For predictive post-training, the processor maps latent state into outputs such as probabilities/risks over multiple horizons, forecasts (counts, amounts, usage), rankings (next best product, likely complaint topic), embeddings for retrieval/segmentation A key property of a good processor is multi-task consistency: a single latent state should support many outputs without requiring a separate model per objective. This is usually implemented as a shared trunk (the backbones) with multiple lightweight task heads (classification/regression/ranking heads) that can be extended as new targets are added.

For prescriptive use, the processor produces an action object rather than scalar scores. The object is structured (typed fields, discrete choices, numeric parameters) and designed to be directly consumable by downstream systems, even a Large Language Model (LLM). Outputs should optimize the organization’s utility (margin, retention, cost-to-serve, experience) rather than a proxy like default probability alone. Moreover, the processor should enforce guardrails at generation time.

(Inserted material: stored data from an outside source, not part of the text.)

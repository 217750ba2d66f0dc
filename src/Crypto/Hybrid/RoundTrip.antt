-- ===== src/Crypto/Hybrid/RoundTrip.antt =====
-- What was encrypted is decrypted: chunks, and the file key.
use s2_decentralised_storage.Prelude.{
  ℕ, ◌%◌, ◌^◌, ◌<◌, ap, ◌∙◌, true, take, length-take, ◌+◌, ◌-◌, ◌≡◌, refl, false, some, ◌++◌, Bytes,
  length, length-append, take-append, drop-append, take-append_of, drop-append_of,
  take_of_length-le, ltb, arith, inl, inr, Option-cases, ◌⊎◌,
}
use s2_decentralised_storage.Crypto.Hybrid.{
  Error, Result, ok, throw, ensure, FileEncryptionParams, EncryptedKey, OpenSsl, derive_chunk_iv,
  seal_prefix, unseal_prefix, is_negative, to_int_bits, aes_gcm_encrypt, aes_gcm_decrypt,
  encrypt_file_key_rsa, split_blob, decrypt_file_key_rsa,
}

-- AES-256-GCM, under a key of 32 bytes: a sealed text is opened under the same key and nonce, has
-- the length of the plaintext, and its tag has 16 bytes.
pub record IsAead (ssl : OpenSsl) : Type 0 where
  pub unseal-seal :
      (key iv p c t : Bytes)
      → length key ≡ 32
      → ssl.seal key iv p ≡ some (c, t)
      → ssl.unseal key iv c t ≡ some p
  pub length-seal :
      (key iv p c t : Bytes)
      → length key ≡ 32
      → ssl.seal key iv p ≡ some (c, t)
      → (length c ≡ length p) × (length t ≡ 16)

-- The files hold the two halves of an RSA key.
pub record IsKeyPair (ssl : OpenSsl) (public_path private_path : Bytes) : Type 0 where
  pub private_key : Bytes
  pub reads : ssl.read_private_key private_path ≡ some private_key
  pub decrypts :
      (pkey m c : Bytes)
      → ssl.read_public_key public_path ≡ some pkey
      → ssl.rsa_encrypt pkey m ≡ some c
      → ssl.rsa_decrypt private_key c ≡ some m

Result-cases {ℓ} :
    {A : Type ℓ} (r : Result A) → ((a : A) × (r ≡ ok a)) ⊎ ((e : Error) × (r ≡ throw e))
Result-cases (ok a) = inl (a, refl)
Result-cases (throw e) = inr (e, refl)

module _ (ssl : OpenSsl) where
  -- Steps of an encryption that returned normally, of a length that is not negative as an `int`.
  aes_gcm_encrypt_inv :
      (p key base : Bytes) (idx : ℕ) (out : Bytes)
      → length p % 2 ^ 32 < 2 ^ 31
      → aes_gcm_encrypt ssl p key base idx ≡ ok out
      → (iv c t : Bytes) × (derive_chunk_iv base idx ≡ ok iv)
        × (ssl.seal key iv (take (length p % 2 ^ 32) p) ≡ some (c, t))
        × (out ≡ c ++ t)
  unfolding aes_gcm_encrypt ensure seal_prefix is_negative to_int_bits
  aes_gcm_encrypt_inv p key base idx out small h = elim (Result-cases (derive_chunk_iv base idx)) [
    | inr (e, thrown) ↦ absurd (ground (arith, h, thrown))
    | inl (iv, derived) ↦ elim (Option-cases (ssl.seal key iv (take (length p % 2 ^ 32) p))) [
      | inl failed ↦ absurd (ground (arith, h, derived, failed, small))
      | inr ((c, t), sealed) ↦
          (iv, c, t, derived, sealed, ground (arith, h, derived, sealed, small))
    ]
  ]

  -- Under an authenticated cipher as AES-GCM is documented, with a key of 32 bytes, of a chunk
  -- whose length is below 2^31 modulo 2^32, and which is encrypted without an exception: only as
  -- many of its first bytes as that are encrypted, which is all of a chunk below 2 GiB, with 16
  -- bytes more; they decrypt under the same key, base nonce and index to what they were.
  pub aes_gcm_decrypt-aes_gcm_encrypt :
      IsAead ssl
      → (p key base : Bytes) (idx : ℕ) (out : Bytes) → length key ≡ 32
      → length p % 2 ^ 32 < 2 ^ 31
      → aes_gcm_encrypt ssl p key base idx ≡ ok out
      → (aes_gcm_decrypt ssl out key base idx ≡ ok (take (length p % 2 ^ 32) p))
        × (length out ≡ length p % 2 ^ 32 + 16)
  unfolding aes_gcm_decrypt ensure unseal_prefix is_negative to_int_bits
  aes_gcm_decrypt-aes_gcm_encrypt aead p key base idx out lk small h =
      let n = length p % 2 ^ 32 in
      let (iv, c, t, derived, sealed, e) = aes_gcm_encrypt_inv p key base idx out small h in
      let (lc, lt) = aead.length-seal key iv (take n p) c t lk sealed in
      let size : length c ≡ n = omega (arith, lc, length-take n p) in
      let pos : length (c ++ t) - 16 ≡ length c = omega (arith, length-append c t, lt) in
      let long : ltb (length (c ++ t)) 16 ≡ false = ground (arith, length-append c t, lt) in
      let same : length c % 2 ^ 32 ≡ length c = omega (arith, size, small) in
      let positive : ltb (length c) (2 ^ 31) ≡ true = ground (arith, size, small) in
      (
        rw (
          e,
          long,
          derived,
          pos,
          same,
          positive,
          take-append,
          drop-append,
          aead.unseal-seal key iv (take n p) c t lk sealed,
        ),
        rw e (omega (arith, length-append c t, lt, size)),
      )

  -- A chunk below 2 GiB is decrypted whole.
  aes_gcm_decrypt-whole :
      IsAead ssl
      → (p key base : Bytes) (idx : ℕ) (out : Bytes) → length key ≡ 32
      → length p < 2 ^ 31
      → aes_gcm_encrypt ssl p key base idx ≡ ok out
      → aes_gcm_decrypt ssl out key base idx ≡ ok p
  aes_gcm_decrypt-whole aead p key base idx out lk small h =
      (aes_gcm_decrypt-aes_gcm_encrypt aead p key base idx out lk (omega (arith, small)) h).0
      ∙ ap ok (take_of_length-le (length p % 2 ^ 32) p (omega (arith, small)))

  split_blob-append :
      (params : FileEncryptionParams)
      → length params.key ≡ 32
      → length params.iv ≡ 12
      → split_blob (params.key ++ params.iv) ≡ ok params
  unfolding split_blob
  split_blob-append params lk li =
      let long : ltb (length (params.key ++ params.iv)) 44 ≡ false =
        ground (arith, length-append params.key params.iv) in
      rw (
        long,
        take-append_of params.key params.iv lk,
        drop-append_of params.key params.iv lk,
        take_of_length-le 12 params.iv (omega arith),
      )

  -- A file key of 32 bytes with a nonce of 12, wrapped without an exception with a public key, is
  -- unwrapped with the private key of the pair.
  pub decrypt_file_key_rsa-encrypt_file_key_rsa :
      (public_path private_path : Bytes)
      → IsKeyPair ssl public_path private_path
      → (params : FileEncryptionParams) (ek : EncryptedKey) → length params.key ≡ 32
      → length params.iv ≡ 12
      → encrypt_file_key_rsa ssl params public_path ≡ ok ek
      → decrypt_file_key_rsa ssl ek private_path ≡ ok params
  unfolding encrypt_file_key_rsa decrypt_file_key_rsa ensure
  decrypt_file_key_rsa-encrypt_file_key_rsa public_path private_path pair params ek lk li h =
      elim (Option-cases (ssl.read_public_key public_path)) [
        | inl none_read ↦ absurd (ground arith)
        | inr (pkey, read) ↦ elim (Option-cases (ssl.rsa_encrypt pkey (params.key ++ params.iv))) [
          | inl failed ↦ absurd (ground arith)
          | inr (c, wrapped) ↦
              let blob : ek.blob ≡ c = ground arith in
              rw (
                pair.reads,
                blob,
                pair.decrypts pkey (params.key ++ params.iv) c read wrapped,
                split_blob-append params lk li,
              )
        ]
      ]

Practically, this can be done by constrained decoding (only valid actions can be produced), by penalty terms in training, and by a feasibility module that projects suggested actions onto the allowed policy set.

Orchestrating Decisions with LLM Interfaces

While an LDM produces structured decisions, these decisions must still be communicated and executed through the interfaces by which companies interact with their clients. In practice, this interface layer is increasingly mediated by Large Language Models (LLMs). In this architecture, the LDM acts as the system’s decision engine, generating structured action objects that encode what should be done for a specific customer under the organization’s economic objectives and policy constraints. The LLM, in turn, acts as the interaction layer that translates those decisions into contextualized communication and orchestrates their delivery through customer-facing channels such as apps, messaging platforms, call center tools, or digital agents.

In this division of roles, the LDM is responsible for reasoning over the company’s operational state and producing the optimal intervention, while the LLM functions as the vehicle that operationalizes the action. The LLM interprets the structured action object , including recommended products, pricing, timing, and messaging constraints, and generates the appropriate human-readable communication or workflow execution. Because the decision itself originates from the LDM, the LLM does not determine what action should be taken; it simply ensures that the decision reaches the client in a coherent, personalized, and channel-appropriate form. This separation preserves governance and auditability while enabling the flexibility of conversational interfaces.

In practice, this architecture resembles the separation between a control system and a communication layer: the LDM governs the policy of action, while the LLM governs how that policy is expressed and delivered. The result is a unified system in which predictive intelligence, decision optimization, and customer interaction operate as coordinated layers rather than independent subsystems.